Top of Data to use
-- ===== src/Receipts/Reconcile.antt =====
-- The runs of src/orphan_reconcile/reconcile.rs and src/webhook_receipt/promote.rs over the pending
-- receipts of one tenant. An error ends the run; what was promoted before it stays promoted.
use messgr.Base.{ℕ, ◌+◌, String, Option, none, some, List, [], ◌∷◌, leb, if◌then◌else◌}
use messgr.Store.Tables.{OrphanEvent, StagingReceipt}
use messgr.Store.Exec.{ok, err, Exec, pure, raise, ◌>>=◌, ◌>>◌, query, next_call}
use messgr.Customers.Deks.{ResolveError, Keystore, get_or_create_dek}
use messgr.Receipts.Status.{is_recognized_event_type, should_advance}
use messgr.Receipts.Repo.{
  ReceiptError, Match, database, vault, encryption, find_match, promote_orphan, promote_staging,
  record_miss, to_orphan,
}

-- The customer keys and the encryption; the argument of `new_uuid` counts the calls.
pub record Keys : Type 0 where
  pub keystore : Keystore
  pub aad : ℕ → List ℕ
  pub encrypt : List ℕ → List ℕ → List ℕ → Option (List ℕ)
  pub new_uuid : ℕ → ℕ

pub record ReconcileReport : Type 0 where
  pub reconciled : ℕ
  pub aged_out : ℕ
  pub still_pending : ℕ

pub record PromoteReport : Type 0 where
  pub promoted : ℕ
  pub orphaned : ℕ

abbrev pub or_fail : {A : Type 0} → Option A → ReceiptError → Exec ReceiptError A
or_fail none e = raise e
or_fail (some a) e = pure a

abbrev pub or_vault : {A : Type 0} → Exec ResolveError A → Exec ReceiptError A
or_vault m w = let (r, u) = m w in (elim r [ ok a ↦ ok a | err e ↦ err vault ], u)

unfoldable pub seal : Keys → Match → List ℕ → Exec ReceiptError (List ℕ)
seal keys m raw = do
  dek ← or_vault (get_or_create_dek keys.keystore m.customer_id)
  or_fail (keys.encrypt dek (keys.aad m.comms_request_id) raw) encryption

abbrev pub seal_payload : Keys → Match → Option (List ℕ) → Exec ReceiptError (Option (List ℕ))
seal_payload keys m none = pure none
seal_payload keys m (some raw) = do blob ← seal keys m raw; pure (some blob)

unfoldable pub promote_match : Keys → OrphanEvent → Match → Exec ReceiptError (Unit {0})
unfolding should_advance
promote_match keys o m = do
  ciphertext ← seal_payload keys m o.provider_payload_raw
  promote_orphan o m ciphertext (should_advance m.current_final_status o.event_type)

unfoldable pub promote_match_staging : Keys → StagingReceipt → Match → Exec ReceiptError (Unit {0})
unfolding should_advance
promote_match_staging keys r m = do
  ciphertext ← seal keys m r.provider_payload_raw
  promote_staging r m (some ciphertext) (should_advance m.current_final_status r.event_type)

-- A receipt of an unrecognized type has no match.
unfoldable pub match_for : String → String → Exec ReceiptError (Option Match)
unfolding is_recognized_event_type
match_for event_type provider_ref =
    if is_recognized_event_type event_type then find_match provider_ref else pure none

abbrev pub count_unmatched : ℕ → OrphanEvent → ReconcileReport → ReconcileReport
count_unmatched cap o report =
    if leb cap (o.reconcile_attempts + 1)
    then record report { aged_out = report.aged_out + 1 }
    else record report { still_pending = report.still_pending + 1 }

abbrev pub reconcile_one :
    Keys → ℕ → OrphanEvent → Option Match → ReconcileReport → Exec ReceiptError ReconcileReport
reconcile_one keys cap o (some m) report = do
  promote_match keys o m
  pure (record report { reconciled = report.reconciled + 1 })
reconcile_one keys cap o none report = do record_miss o.id cap; pure (count_unmatched cap o report)

unfoldable pub reconcile_all :
    Keys → ℕ → List OrphanEvent → ReconcileReport → Exec ReceiptError ReconcileReport
unfolding match_for promote_match
reconcile_all keys cap [] report = pure report
reconcile_all keys cap (o ∷ rest) report = match_for o.event_type o.provider_ref >>= λ m.
    reconcile_one keys cap o m report >>= reconcile_all keys cap rest

-- `orphan_reconcile::reconcile::run`.
unfoldable pub reconcile : Keys → ℕ → Exec ReceiptError ReconcileReport
unfolding reconcile_all
reconcile keys cap = do
  pending ← query database (λ db. db.orphans)
  reconcile_all keys cap pending (record { reconciled = 0; aged_out = 0; still_pending = 0 })

abbrev pub promote_one :
    Keys → StagingReceipt → Option Match → PromoteReport → Exec ReceiptError PromoteReport
promote_one keys r (some m) report = do
  promote_match_staging keys r m
  pure (record report { promoted = report.promoted + 1 })
promote_one keys r none report = do
  call ← next_call
  to_orphan (keys.new_uuid call) r
  pure (record report { orphaned = report.orphaned + 1 })

unfoldable pub promote_all :
    Keys → List StagingReceipt → PromoteReport → Exec ReceiptError PromoteReport
unfolding match_for promote_match_staging
promote_all keys [] report = pure report
promote_all keys (r ∷ rest) report = match_for r.event_type r.provider_ref >>= λ m.
    promote_one keys r m report >>= promote_all keys rest

-- `webhook_receipt::promote::run`.
unfoldable pub promote_receipts : Keys → Exec ReceiptError PromoteReport
unfolding promote_all
promote_receipts keys = do
  pending ← query database (λ db. db.staging)
  promote_all keys pending (record { promoted = 0; orphaned = 0 })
Bottom of Data to use
▶ **Problem description**
Within the material above, output exactly the lines from the one with "pub orphaned : ℕ" through the one with "or_fail (keys.encrypt dek", end lines included, and nothing besides.

▶ **Result of this task**
  pub orphaned : ℕ

abbrev pub or_fail : {A : Type 0} → Option A → ReceiptError → Exec ReceiptError A
or_fail none e = raise e
or_fail (some a) e = pure a

abbrev pub or_vault : {A : Type 0} → Exec ResolveError A → Exec ReceiptError A
or_vault m w = let (r, u) = m w in (elim r [ ok a ↦ ok a | err e ↦ err vault ], u)

unfoldable pub seal : Keys → Match → List ℕ → Exec ReceiptError (List ℕ)
seal keys m raw = do
  dek ← or_vault (get_or_create_dek keys.keystore m.customer_id)
  or_fail (keys.encrypt dek (keys.aad m.comms_request_id) raw) encryption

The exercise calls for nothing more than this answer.